(RECORDS SUPPLIED)

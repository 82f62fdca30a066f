-- ===== src/Headers/Keys.antt =====
-- The keys, the removals and the lists of values of Cutelyst/headers.cpp.
use cutelyst.Common.{
  Bytes, List, [], ◌∷◌, ◌++◌, true, false, if◌then◌else◌, same_key, map, ◌≡◌, refl, ◌∙◌, arith,
  Bool-cases, append-nil, append_assoc, inl, inr, ◌||◌,
}
use cutelyst.Headers.{
  Headers, find_header_const, header_or, headers, contains, remove_header, push_header, any_key,
  keys_loop, keys,
}
use cutelyst.Headers.Laws.{same_key_congr, remove_header-other}

-- Two keys that are the same are both in a list, or both not.
any_key_congr : (k j : Bytes) (ks : List Bytes) → same_key k j ≡ true → any_key k ks ≡ any_key j ks
unfolding any_key
any_key_congr k j [] e = refl
any_key_congr k j (x ∷ ks) e = rw (same_key_congr k j x e, any_key_congr k j ks e) refl

any_key-append :
    (k : Bytes) (ks : List Bytes) (j : Bytes)
    → any_key k (ks ++ (j ∷ [])) ≡ (any_key k ks || same_key k j)
unfolding any_key
any_key-append k [] j = ground arith
any_key-append k (x ∷ ks) j = ground (arith, any_key-append k ks j)

contains-nil : (k : Bytes) → contains k [] ≡ false
unfolding contains find_header_const
contains-nil k = refl

contains-cons :
    (k j v : Bytes) (t : Headers) → contains k ((j, v) ∷ t) ≡ (same_key k j || contains k t)
unfolding contains find_header_const
contains-cons k j v t = ground arith

any_key-keys_loop :
    (k : Bytes) (ret : List Bytes) (h : Headers)
    → any_key k (keys_loop ret h) ≡ (any_key k ret || contains k h)
unfolding keys_loop
any_key-keys_loop k ret [] = ground (arith, contains-nil k)
any_key-keys_loop k ret ((j, v) ∷ t) = elim (Bool-cases (any_key j ret)) [
  | inl known ↦
      rw known
        (ground (arith, any_key-keys_loop k ret t, contains-cons k j v t, any_key_congr k j ret))
  | inr new ↦ rw new (
      ground (
        arith,
        any_key-keys_loop k (ret ++ (j ∷ [])) t,
        contains-cons k j v t,
        any_key-append k ret j,
      ))
]

-- keys() has each key of the headers, and no other, up to case.
any_key-keys : (k : Bytes) (h : Headers) → any_key k (keys h) ≡ contains k h
unfolding keys any_key
any_key-keys k h = any_key-keys_loop k [] h

-- No key is the same as one before it.
abbrev pub AreDistinct : List Bytes → List Bytes → Type 0
AreDistinct before [] = Unit
AreDistinct before (k ∷ ks) = (any_key k before ≡ false) × AreDistinct (before ++ (k ∷ [])) ks

AreDistinct-append :
    (before ks : List Bytes) (j : Bytes)
    → AreDistinct before ks
    → any_key j (before ++ ks) ≡ false
    → AreDistinct before (ks ++ (j ∷ []))
AreDistinct-append before [] j d e = (rw append-nil at e, tt)
AreDistinct-append before (k ∷ ks) j (new, d) e =
    (new, AreDistinct-append (before ++ (k ∷ [])) ks j d (rw append_assoc e))

keys_loop-AreDistinct :
    (ret : List Bytes) (h : Headers) → AreDistinct [] ret → AreDistinct [] (keys_loop ret h)
unfolding keys_loop
keys_loop-AreDistinct ret [] d = d
keys_loop-AreDistinct ret ((j, v) ∷ t) d = elim (Bool-cases (any_key j ret)) [
  | inl known ↦ rw known (keys_loop-AreDistinct ret t d)
  | inr new ↦ rw new (keys_loop-AreDistinct (ret ++ (j ∷ [])) t (AreDistinct-append [] ret j d new))
]

-- keys() names no key twice, up to case.
keys-AreDistinct : (h : Headers) → AreDistinct [] (keys h)
unfolding keys
keys-AreDistinct h = keys_loop-AreDistinct [] h tt

remove_header-same :
    (key k d : Bytes) (h : Headers)
    → same_key k key ≡ true
    → header_or k d (remove_header key h) ≡ d
unfolding header_or find_header_const remove_header
remove_header-same key k d [] e = refl
remove_header-same key k d ((j, v) ∷ t) e = elim (Bool-cases (same_key key j)) [
  | inl hit ↦ rw hit (remove_header-same key k d t e)
  | inr miss ↦ rw miss (rw (same_key_congr k key j e ∙ miss) (remove_header-same key k d t e))
]

-- After removeHeader the key reads the default, in any case, and every other key reads what it read
-- before.
header_or-remove_header :
    (key k d : Bytes) (h : Headers)
    → header_or k d (remove_header key h) ≡ (if same_key k key then d else header_or k d h)
header_or-remove_header key k d h = elim (Bool-cases (same_key k key)) [
  | inl same ↦ rw same (remove_header-same key k d h same)
  | inr other ↦ rw other (remove_header-other key k d h other)
]

-- A pushed header is read where the key was not there before; else the first one is, and other keys
-- read what they read before.
header_or-push_header :
    (key value k d : Bytes) (h : Headers)
    → header_or k d (push_header key value h)
      ≡ (if contains k h then header_or k d h else if same_key k key then value else d)
unfolding header_or contains find_header_const push_header
header_or-push_header key value k d [] = ground arith
header_or-push_header key value k d ((j, v) ∷ t) =
    ground (arith, header_or-push_header key value k d t)

-- headers(key) has the value of the first entry with the key, and then the values of all entries
-- behind it, whatever their keys.
headers-append :
    (key j v : Bytes) (front rest : Headers)
    → contains key front ≡ false
    → same_key key j ≡ true
    → headers key (front ++ ((j, v) ∷ rest)) ≡ v ∷ map (λ f. f.1) rest
unfolding headers contains find_header_const
headers-append key j v [] rest miss hit = rw hit refl
headers-append key j v ((k, u) ∷ front) rest miss hit =
    ground (arith, headers-append key j v front rest)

(End RECORDS SUPPLIED)

TASK TO CARRY OUT:
Transcribe the data in full, keeping every detail.

RESPONSE:
repository 82f62fdca30a066f
-- ===== src/Headers/Keys.antt =====
-- The keys, the removals and the lists of values of Cutelyst/headers.cpp.
use cutelyst.Common.{
  Bytes, List, [], ◌∷◌, ◌++◌, true, false, if◌then◌else◌, same_key, map, ◌≡◌, refl, ◌∙◌, arith,
  Bool-cases, append-nil, append_assoc, inl, inr, ◌||◌,
}
use cutelyst.Headers.{
  Headers, find_header_const, header_or, headers, contains, remove_header, push_header, any_key,
  keys_loop, keys,
}
use cutelyst.Headers.Laws.{same_key_congr, remove_header-other}

-- Two keys that are the same are both in a list, or both not.
any_key_congr : (k j : Bytes) (ks : List Bytes) → same_key k j ≡ true → any_key k ks ≡ any_key j ks
unfolding any_key
any_key_congr k j [] e = refl
any_key_congr k j (x ∷ ks) e = rw (same_key_congr k j x e, any_key_congr k j ks e) refl

any_key-append :
    (k : Bytes) (ks : List Bytes) (j : Bytes)
    → any_key k (ks ++ (j ∷ [])) ≡ (any_key k ks || same_key k j)
unfolding any_key
any_key-append k [] j = ground arith
any_key-append k (x ∷ ks) j = ground (arith, any_key-append k ks j)

contains-nil : (k : Bytes) → contains k [] ≡ false
unfolding contains find_header_const
contains-nil k = refl

contains-cons :
    (k j v : Bytes) (t : Headers) → contains k ((j, v) ∷ t) ≡ (same_key k j || contains k t)
unfolding contains find_header_const
contains-cons k j v t = ground arith

any_key-keys_loop :
    (k : Bytes) (ret : List Bytes) (h : Headers)
    → any_key k (keys_loop ret h) ≡ (any_key k ret || contains k h)
unfolding keys_loop
any_key-keys_loop k ret [] = ground (arith, contains-nil k)
any_key-keys_loop k ret ((j, v) ∷ t) = elim (Bool-cases (any_key j ret)) [
  | inl known ↦
      rw known
        (ground (arith, any_key-keys_loop k ret t, contains-cons k j v t, any_key_congr k j ret))
  | inr new ↦ rw new (
      ground (
        arith,
        any_key-keys_loop k (ret ++ (j ∷ [])) t,
        contains-cons k j v t,
        any_key-append k ret j,
      ))
]

-- keys() has each key of the headers, and no other, up to case.
any_key-keys : (k : Bytes) (h : Headers) → any_key k (keys h) ≡ contains k h
unfolding keys any_key
any_key-keys k h = any_key-keys_loop k [] h

-- No key is the same as one before it.
abbrev pub AreDistinct : List Bytes → List Bytes → Type 0
AreDistinct before [] = Unit
AreDistinct before (k ∷ ks) = (any_key k before ≡ false) × AreDistinct (before ++ (k ∷ [])) ks

AreDistinct-append :
    (before ks : List Bytes) (j : Bytes)
    → AreDistinct before ks
    → any_key j (before ++ ks) ≡ false
    → AreDistinct before (ks ++ (j ∷ []))
AreDistinct-append before [] j d e = (rw append-nil at e, tt)
AreDistinct-append before (k ∷ ks) j (new, d) e =
    (new, AreDistinct-append (before ++ (k ∷ [])) ks j d (rw append_assoc e))

keys_loop-AreDistinct :
    (ret : List Bytes) (h : Headers) → AreDistinct [] ret → AreDistinct [] (keys_loop ret h)
unfolding keys_loop
keys_loop-AreDistinct ret [] d = d
keys_loop-AreDistinct ret ((j, v) ∷ t) d = elim (Bool-cases (any_key j ret)) [
  | inl known ↦ rw known (keys_loop-AreDistinct ret t d)
  | inr new ↦ rw new (keys_loop-AreDistinct (ret ++ (j ∷ [])) t (AreDistinct-append [] ret j d new))
]

-- keys() names no key twice, up to case.
keys-AreDistinct : (h : Headers) → AreDistinct [] (keys h)
unfolding keys
keys-AreDistinct h = keys_loop-AreDistinct [] h tt

remove_header-same :
    (key k d : Bytes) (h : Headers)
    → same_key k key ≡ true
    → header_or k d (remove_header key h) ≡ d
unfolding header_or find_header_const remove_header
remove_header-same key k d [] e = refl
remove_header-same key k d ((j, v) ∷ t) e = elim (Bool-cases (same_key key j)) [
  | inl hit ↦ rw hit (remove_header-same key k d t e)
  | inr miss ↦ rw miss (rw (same_key_congr k key j e ∙ miss) (remove_header-same key k d t e))
]

-- After removeHeader the key reads the default, in any case, and every other key reads what it read
-- before.
header_or-remove_header :
    (key k d : Bytes) (h : Headers)
    → header_or k d (remove_header key h) ≡ (if same_key k key then d else header_or k d h)
header_or-remove_header key k d h = elim (Bool-cases (same_key k key)) [
  | inl same ↦ rw same (remove_header-same key k d h same)
  | inr other ↦ rw other (remove_header-other key k d h other)
]

-- A pushed header is read where the key was not there before; else the first one is, and other keys
-- read what they read before.
header_or-push_header :
    (key value k d : Bytes) (h : Headers)
    → header_or k d (push_header key value h)
      ≡ (if contains k h then header_or k d h else if same_key k key then value else d)
unfolding header_or contains find_header_const push_header
header_or-push_header key value k d [] = ground arith
header_or-push_header key value k d ((j, v) ∷ t) =
    ground (arith, header_or-push_header key value k d t)

-- headers(key) has the value of the first entry with the key, and then the values of all entries
-- behind it, whatever their keys.
headers-append :
    (key j v : Bytes) (front rest : Headers)
    → contains key front ≡ false
    → same_key key j ≡ true
    → headers key (front ++ ((j, v) ∷ rest)) ≡ v ∷ map (λ f. f.1) rest
unfolding headers contains find_header_const
headers-append key j v [] rest miss hit = rw hit refl
headers-append key j v ((k, u) ∷ front) rest miss hit =
    ground (arith, headers-append key j v front rest)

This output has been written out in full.